Once the LUNs/Datastores and the hosts are properly identified you can start assigning VMs to Datastore clusters and DRS Host affinity rules. When you want to pin a VM to site A, add it to the list of VMs that should or must (according to your needs) run on hosts members of “DRS-A” and store it on “SDRS-T1-A”. You will want to do this for each VMs working in clustered or pooled way like a bunch of web nodes and spread them on both sites. Avoid using the VM Distribution parameter in your DRS cluster as it could disregard your affinity rules.
I don’t know if this is a thing but I am going to call it the “Why are we not using more resources” Syndrome. If you are planning a Metro-Cluster, this is most likely because you want to be able to survive the loss of one site. Which means if you lose one site you will have a lot of things to restart (or migrate in case of planned maintenance) on the second site. Which means that if you use more than 50% of resources on both sites, there are some things that won’t get to be restarted.
All this makes sense from a technical standpoint, but one day your IT manager, going through the numbers, will show up at your door like “Hey, Why are we not using more resources? The hosts are barely hitting 50%”.

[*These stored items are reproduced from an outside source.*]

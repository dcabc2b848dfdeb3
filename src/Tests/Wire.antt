-- ===== src/Tests/Wire.antt =====
-- A concrete JSON library, mux, address library and network that meet the documented laws.
use secretstash.Base.{
  zero, suc, ◌≡◌, refl, ap₂, [], ◌∷◌, ◌++◌, Option, none, some, true, false, Bytes, length, take,
  drop, take-length-append, drop-length-append, lookup, bytes_dec,
}
use secretstash.Base.Int.{ℤ, pos, negsuc}
use secretstash.Base.Result.{Result, ok, err}
use secretstash.Base.Text.{trim_slashes}
use secretstash.Api.{
  Api, WrapRequest, Response, wrapped, unwrapped, peeked, done, healthy, failure, ParseDuration,
}
use secretstash.Api.Json.{Json, Wrapped}
use secretstash.Api.Remote.{Net}
use secretstash.Api.Http.{Setup, Moment, Mux, serve}
use secretstash.Cli.{Network, Client, ClientFlags}
use secretstash.Cli.Calls.{arriving, answer, Reaches}
use secretstash.Tests.Samples.{codec, ciphers, rand}

-- An integer is its sign and its size.
abbrev write_int : ℤ → Bytes → Bytes
write_int (pos n) rest = 0 ∷ n ∷ rest
write_int (negsuc n) rest = 1 ∷ n ∷ rest

abbrev read_int : Bytes → Option (ℤ × Bytes)
read_int [] = none
read_int (s ∷ []) = none
read_int (zero ∷ n ∷ rest) = some (pos n, rest)
read_int (suc s ∷ n ∷ rest) = some (negsuc n, rest)

pub read_int-write_int : (n : ℤ) (rest : Bytes) → read_int (write_int n rest) ≡ some (n, rest)
read_int-write_int (pos n) rest = refl
read_int-write_int (negsuc n) rest = refl

abbrev write_response : Response → Bytes
write_response (wrapped token expiry reads url) = write_int reads (expiry ∷ token)
write_response (unwrapped secret reads created) = write_int reads secret
write_response (peeked expiry reads) = write_int reads (expiry ∷ [])
write_response done = []
write_response (healthy version uptime) = uptime ∷ version
write_response (failure status e) = status ∷ []

abbrev wrapped_of : ℤ × Bytes → Result Bytes Wrapped
wrapped_of (reads, []) = err []
wrapped_of (reads, expiry ∷ token) =
    ok (record { token = token; expires_at = expiry; reads = reads; share_url = [] })

abbrev read_wrapped : Bytes → Result Bytes Wrapped
read_wrapped b = elim (read_int b) [ none ↦ err [] | some r ↦ wrapped_of r ]

abbrev read_unwrapped : Bytes → Result Bytes (Bytes × ℤ)
read_unwrapped b = elim (read_int b) [ none ↦ err [] | some (reads, secret) ↦ ok (secret, reads) ]

abbrev request_of : ℤ × Bytes → Option WrapRequest
request_of (reads, []) = none
request_of (reads, n ∷ rest) =
    some (record { secret = drop n rest; ttl = take n rest; reads = reads })

abbrev read_request : Bytes → Option WrapRequest
read_request b = elim (read_int b) [ none ↦ none | some r ↦ request_of r ]

abbrev pub json : Json
json = record {
  utf8 = λ b. true;
  write_response = write_response;
  read_request = read_request;
  write_request = λ secret reads ttl. ok (write_int reads (length ttl ∷ (ttl ++ secret)));
  read_wrapped = read_wrapped;
  read_unwrapped = read_unwrapped;
  read_peeked = λ b. err [];
  read_health = λ b. err [];
  read_message = λ b. [];
  write_shares = λ parts k reads expires. err [];
  utf8-ascii = λ b h. refl;
  read_request-write_request = λ secret ttl reads u v. (
    write_int reads (length ttl ∷ (ttl ++ secret)),
    refl,
    rw (read_int-write_int reads (length ttl ∷ (ttl ++ secret)), read_request)
        (ap₂ (λ s t. some (record { secret = s; ttl = t; reads = reads }))
          (drop-length-append ttl secret) (take-length-append ttl secret)),
  );
  read_wrapped-write_response = λ token expiry reads url u. (
    record { token = token; expires_at = expiry; reads = reads; share_url = [] },
    rw (read_int-write_int reads (expiry ∷ token), read_wrapped) refl,
    refl,
    refl,
  );
  read_unwrapped-write_response =
      λ secret reads created u. rw (read_int-write_int reads secret, read_unwrapped) refl;
}

-- Every address is its own host.
abbrev pub net : Net
net = record {
  trim_space = λ s. s;
  parse_ip = some;
  is_loopback_ip = λ ip. false;
  split_host_port = λ s. some (s, []);
}

-- The patterns have no wildcards, so a lookup finds the route.
abbrev mux : Mux
mux endpoints method path = elim (lookup bytes_dec (method ++ 32 ∷ path) endpoints) [
  | some e ↦ ok e
  | none ↦ err (record { status = 404; headers = []; body = [] })
]

abbrev parse : ParseDuration
parse d = some (pos (length d))

abbrev pub setup : Setup
setup = record {
  codec = codec;
  ciphers = ciphers;
  rand = rand;
  parse = parse;
  json = json;
  net = net;
  mux = mux;
  real_ip_header = [];
  version = [];
}

abbrev pub lib : Client
lib = record {
  parse_flags = λ command args. err [];
  env_addr = [];
  new_request = λ method url. ok tt;
  print_int = λ n. [];
  print_quoted = λ s. s;
  print_time = λ t. [];
  print_seconds = λ n. [];
  json = json;
}

abbrev pub flags : ClientFlags
flags = record { addr = 1 ∷ 2 ∷ []; skip_verify = false; json_out = false }

abbrev pub caller_addr : Bytes
caller_addr = 9 ∷ []

-- Behind the address of two bytes stands the path.
abbrev pub network : Moment → Network Api
network m a o =
    answer (serve setup m (arriving caller_addr o.method (drop 2 o.url) o.token o.body) a)

pub network-Reaches : (m : Moment) → Reaches setup lib (network m) flags.addr caller_addr m
unfolding trim_slashes
network-Reaches m = record {
  same_json = refl;
  valid = λ method path. refl;
  arrives = λ a method path token body skip_verify. refl;
}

Well, try to pour the content of the first glass into the second one without overflowing it…
However, it would not be accurate to say that you should not be using more than 50% of the overall capacity as a lot of things may not need to be restarted for several different reasons like:
- Non-prod, development, staging, UAT workloads
- Some core infrastructure servers that replicate with each other (LDAP, DNS, WSUS…)
- Servers clustered at the app level (Web nodes, middle tier nodes…), make sure one site’s worth of these can handle full capacity or accept degraded operations
With that said, if you do want to use more than 50% and rely on the fact that the VMs mentioned above will not be restarted, it will be crucial that you do not forget to configure the HA restart priority on all the VMs. Those that will be left for dead must have HA restart priority set to disabled in the VM override settings.
Implementing a Metro-Cluster can definitely make your infrastructure a lot more tolerant to outages but the risk is to think that you are covered by just having stretched storage and that you have nothing to worry about. Planning for a Metro-Cluster is a very interesting process as well as the implementation of it as it pushes the architect to really understand all the different components and think about each and every failure scenarios. If you are unsure about which way to go regarding the storage, it is highly recommended that you speak with your storage provider for advice and supported configurations.